BOENICKE AUDIO W5 standmount loudspeakers
+ More expansive stage than their size would suggest; musically cohesive and tonally just right; they get out of the way and into the heart of the music; punchy, refined, well-paced and very detailed; fit and finish ooze class, as you would expect.
– Muscular amp and a high quality signal feed mandatory to extract their best; not cheap, certainly not!
Sound: 9/10
Value: 8/10
APPEARANCES can be deceptive, we know this… and yet, sometimes, we shrug off lessons from the past and give in to inherent prejudices. Take, for instance, these diminutive standmount/bookshelf speakers from Boenicke Audio, the W5. It’s one of four models from the stables of this Swiss company, and the only non-floorstander. These speakers have been in the market for a few years now, but it was only this year that Boenicke appointed a local (Malaysian) distributor.
First, the W5’s size, which is a mere 2.8 litres of space per cabinet… then, there’s the tiny three-inch driver in front. So, first impressions would be, “What, is that all?” But hold on… closer all-round inspection reveals a side-mounted five-inch driver on one side of the cabinet, a tiny tweeter at the rear and a rectangular port. On further reading, it appears that the last is the vent for a transmission-line design. (Boenicke has confirmed it is not a transmission line but a bass reflex design, although earlier models incorporated this in the bigger cabinets.)

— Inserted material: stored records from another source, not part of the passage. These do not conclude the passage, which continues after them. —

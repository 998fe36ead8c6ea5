-- ===== src/Sqs/Send/Limits.antt =====
-- Send as a whole: each request goes to the queue of its events and keeps the limits on a request.
use outboxer.Prelude.{
  ◌≤◌, String, Bool, true, false, Option, none, some, List, [], ◌∷◌, ◌≡◌, refl, sym, subst, All,
  All-map, In, In-All, inl, inr, Bool-cases, codes, has_suffix, group_by, group_by-Grouped, Grouped,
  string_eq, arith,
}
use outboxer.Value.{Result, ok, err}
use outboxer.Provider.{Event, Callback, option_string}
use outboxer.Sqs.{PreparedEvent, sqs_event_max_size_byte}
use outboxer.Sqs.Poison.{valid_sqs_queue_url}
use outboxer.Sqs.Prepare.{
  Library, Candidate, candidate_of, parse_sqs_candidate, prepare_sqs_event, fifo_group_id,
}
use outboxer.Sqs.Prepare.Ids.{IsDigest}
use outboxer.Sqs.Prepare.Entries.{IsEntry, Decided, prepare_sqs_event-IsDecided}
use outboxer.Sqs.Send.{
  Run, QueueRun, Service, cons?, send_fifo_group, group_runs, send_sqs_fifo_events, candidates,
  prepare_all, queue_accepted, send_sqs_queue_events, queue_runs, send_sqs_events,
}
use outboxer.Sqs.Send.Requests.{AreRequests, fifo_next-AreRequests, standard-AreRequests}

abbrev pub is_fifo_queue : String → Bool
is_fifo_queue queue = has_suffix (codes ".fifo") (codes queue)

-- The entry of an event with `P`.
abbrev pub IsEntryOf : (Event → Type 0) → Bool → PreparedEvent → Type 0
IsEntryOf P fifo p = (c : Candidate) × P c.evt × IsEntry c fifo p

cons?-All :
    {A : Type 0} (Q : A → Type 0) (o : Option A) (xs : List A)
    → ((a : A) → o ≡ some a → Q a)
    → All Q xs
    → All Q (cons? o xs)
cons?-All Q none xs f h = h
cons?-All Q (some a) xs f h = (f a refl, h)

candidate_inv :
    (evt : Event) (r : Result String) (c : Candidate)
    → (candidate_of evt r).value ≡ some c
    → c.evt ≡ evt
candidate_inv evt (err problem) c e = cc e
candidate_inv evt (ok key) c e = cc e

module _ (P : Event → Type 0) where
  IsEntryOf-fits :
      (fifo : Bool) (p : PreparedEvent)
      → IsEntryOf P fifo p
      → p.message_size ≤ sqs_event_max_size_byte
  IsEntryOf-fits fifo p (c, own, e) = rw e.measured e.fits.small

  module _ (lib : Library) (svc : Service) (queue : String) (hex : IsDigest lib.stable_digest) where
    Decided-of :
        (c : Candidate) (fifo : Bool) (callbacks : List Callback) (value : Option PreparedEvent)
        → P c.evt
        → Decided c.evt (IsEntry c fifo) callbacks value
        → Decided c.evt (IsEntryOf P fifo) callbacks value
    Decided-of c fifo callbacks none own d = d
    Decided-of c fifo callbacks (some p) own d = (d.0, (c, own, d.1))

    fifo_group-AreRequests :
        (cs : List Candidate)
        → All (λ (c : Candidate). P c.evt) cs
        → AreRequests (IsEntryOf P true) (send_fifo_group lib svc queue cs)
    unfolding send_fifo_group
    fifo_group-AreRequests [] h = tt
    fifo_group-AreRequests (c ∷ cs) h =
        let checked = prepare_sqs_event lib c queue true in
        fifo_next-AreRequests (IsEntryOf P true) (IsEntryOf-fits true) lib svc queue c.evt
          checked.callbacks checked.value (send_fifo_group lib svc queue cs)
          (Decided-of c true checked.callbacks checked.value h.0
            (prepare_sqs_event-IsDecided lib hex c queue true))
          (fifo_group-AreRequests cs h.1)

    group_runs-AreRequests :
        (groups : List (String × List Candidate))
        → Grouped (λ _ (c : Candidate). P c.evt) groups
        → All (AreRequests (IsEntryOf P true)) (group_runs lib svc queue groups)
    group_runs-AreRequests [] h = tt
    group_runs-AreRequests ((id, cs) ∷ groups) h =
        (fifo_group-AreRequests cs h.0, group_runs-AreRequests groups h.1)

    -- The candidates are events of the queue.
    candidates-own :
        (events : List Event)
        → All P events
        → All (λ (c : Candidate). P c.evt) (candidates lib svc queue events).1
    unfolding candidates parse_sqs_candidate
    candidates-own [] h = tt
    candidates-own (evt ∷ events) h =
        cons?-All (λ (c : Candidate). P c.evt) (parse_sqs_candidate evt).value _
          (λ c e.
            subst P (sym (candidate_inv evt (option_string evt.options "messageGroupId") c e)) h.0)
          (candidates-own events h.1)

    prepare_all-own :
        (cs : List Candidate)
        → All (λ (c : Candidate). P c.evt) cs
        → All (IsEntryOf P false) (prepare_all lib svc queue cs).1
    unfolding prepare_all
    prepare_all-own [] h = tt
    prepare_all-own (c ∷ cs) h =
        let checked = prepare_sqs_event lib c queue false in
        cons?-All (IsEntryOf P false) checked.value _
          (λ p e.
            passed c checked.callbacks checked.value
              (Decided-of c false checked.callbacks checked.value h.0
                (prepare_sqs_event-IsDecided lib hex c queue false))
              p e)
          (prepare_all-own cs h.1)
      where
        passed :
            (d : Candidate) (callbacks : List Callback) (value : Option PreparedEvent)
            → Decided d.evt (IsEntryOf P false) callbacks value
            → (p : PreparedEvent) → value ≡ some p
            → IsEntryOf P false p
        passed d callbacks none k p e = cc e
        passed d callbacks (some q) k p e = subst (IsEntryOf P false) (cc e) k.1

    -- The goroutines of a queue.
    abbrev Queued : QueueRun → Type 0
    Queued q = All (AreRequests (IsEntryOf P (is_fifo_queue queue))) q.runs

    accepted-Queued :
        (callbacks : List Callback) (cs : List Candidate)
        → All (λ (c : Candidate). P c.evt) cs
        → Queued (queue_accepted lib svc queue (callbacks, cs))
    unfolding send_sqs_fifo_events
    accepted-Queued callbacks cs h = elim (Bool-cases (is_fifo_queue queue)) [
      | inl fifo ↦ rw fifo (
          group_runs-AreRequests (group_by (fifo_group_id lib) cs)
            (group_by-Grouped (λ _ (c : Candidate). P c.evt) (fifo_group_id lib) cs h))
      | inr standard ↦ rw standard (
          standard-AreRequests (IsEntryOf P false) (IsEntryOf-fits false) lib svc queue
            (prepare_all lib svc queue cs).1 (prepare_all-own cs h))
    ]

    queue-Queued :
        (events : List Event)
        → All P events
        → All
            (λ (r : Run).
              (valid_sqs_queue_url lib.parse_url queue ≡ true)
              × AreRequests (IsEntryOf P (is_fifo_queue queue)) r)
            (send_sqs_queue_events lib svc queue events).runs
    unfolding send_sqs_queue_events
    queue-Queued events h = elim (Bool-cases (valid_sqs_queue_url lib.parse_url queue)) [
      | inl valid ↦ rw valid (
          All-map _ _ (queue_accepted lib svc queue (candidates lib svc queue events)).runs
            (λ r k. (refl, k))
            (accepted-Queued (candidates lib svc queue events).0 (candidates lib svc queue events).1
              (candidates-own events h)))
      | inr invalid ↦ rw invalid tt
    ]

queue_kept :
    (lib : Library) (svc : Service) (queue : String) (events : List Event)
    → (send_sqs_queue_events lib svc queue events).queue ≡ queue
unfolding send_sqs_queue_events
queue_kept lib svc queue events = ground arith

abbrev OfQueue : List Event → String → Event → Type 0
OfQueue events queue evt = In evt events × (evt.destination ≡ queue)

-- What one queue's goroutines request: nothing unless its URL is valid, and then only entries made
-- from its own events.
abbrev pub IsServed : Library → List Event → QueueRun → Type 0
IsServed lib events q =
    All
      (λ (r : Run).
        (valid_sqs_queue_url lib.parse_url q.queue ≡ true)
        × AreRequests (IsEntryOf (OfQueue events q.queue) (is_fifo_queue q.queue)) r)
      q.runs

module _ (lib : Library) (svc : String → Service) (hex : IsDigest lib.stable_digest)
    (events : List Event) where
  queue_runs-IsServed :
      (groups : List (String × List Event))
      → Grouped (OfQueue events) groups
      → All (IsServed lib events) (queue_runs lib svc groups)
  queue_runs-IsServed [] h = tt
  queue_runs-IsServed ((queue, es) ∷ groups) h = (
    subst
        (λ k.
          All
            (λ (r : Run).
              (valid_sqs_queue_url lib.parse_url k ≡ true)
              × AreRequests (IsEntryOf (OfQueue events k) (is_fifo_queue k)) r)
            (send_sqs_queue_events lib (svc queue) queue es).runs)
        (sym (queue_kept lib (svc queue) queue es))
        (queue-Queued (OfQueue events queue) lib (svc queue) queue hex es h.0),
    queue_runs-IsServed groups h.1,
  )

-- Every batch request that Send makes goes to the valid queue URL that its events name, has
-- between one and ten entries of together at most a mebibyte, and each entry is made from an event
-- that Send was given for this queue, with a body, attributes, ids, a delay and a size as IsEntry
-- lists. The digest is taken to be 64 hexadecimal digits.
pub send_sqs_events-IsServed :
    (lib : Library) (svc : String → Service)
    → IsDigest lib.stable_digest
    → (events : List Event) → All (IsServed lib events) (send_sqs_events lib svc events)
unfolding send_sqs_events
send_sqs_events-IsServed lib svc hex events =
    queue_runs-IsServed lib svc hex events (group_by (λ (evt : Event). evt.destination) events) (
      group_by-Grouped (OfQueue events) (λ (evt : Event). evt.destination) events
        (In-All _ events (λ evt i. (i, refl))))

However, even at first glance, the quality of the design and the cut of the cabinets are impressive. There’s the real-wood finish (none of the veneer-over-MDF nonsense) and the attention to detail. Note, for one, the name of the company etched in front.
Boenicke is a Swiss company, headquartered in Basel, where it was founded by one Sven Boenicke in 1999. He has acoustically designed each model in the range, and his philosophy has been simple and straightforward from the beginning – to “do things that no one else does.” Go to the website and reach the “About Us” section to understand what drives the him and the company.
Of course, this being a Swiss product (and an entry-level one at that from the company), it would be perceived as affordable only if one doesn’t consider a Rolex watch at this price particularly expensive. But what can you do with a watch, eh, apart from wearing it to show off your “status”. Hi-fi, at the least, stokes the audiophile’s deeper sensitivities.

The side-mounted woofer is a long-throw unit tuned to 50Hz without a crossover, and the front driver, which has a first-order high-pass filter and an 8cm parallel spiral resonator, has been made to Boenicke’s specifications. Then, there’s the rear ambient tweeter for off-axis response. Apparently, the drivers are sourced from a Taiwan company called Tang Band, which has been around for more than two decades – I’m told they’re the darling of the DIY crowd.
The W5 presents a four-ohm load, with a sensitivity of 83-86dB depending on frequency… so, make sure your amplifier has what it takes.
Internal wiring uses silk-wrapped high-frequency stranded Litz cable, and premium WBT Next Gen binding posts are provided, on which you can use banana jacks or spades (I won’t recommend bare-wire).
The W5 sent for this review was the basic, if you want to call it that, version. There are two costlier versions, the SE and SE+, with upgraded components and heftier price tags, but we’ll not get into this. The cherry wood featured here is the cheaper finish option. You can also order them in walnut, oak, ash or core ash.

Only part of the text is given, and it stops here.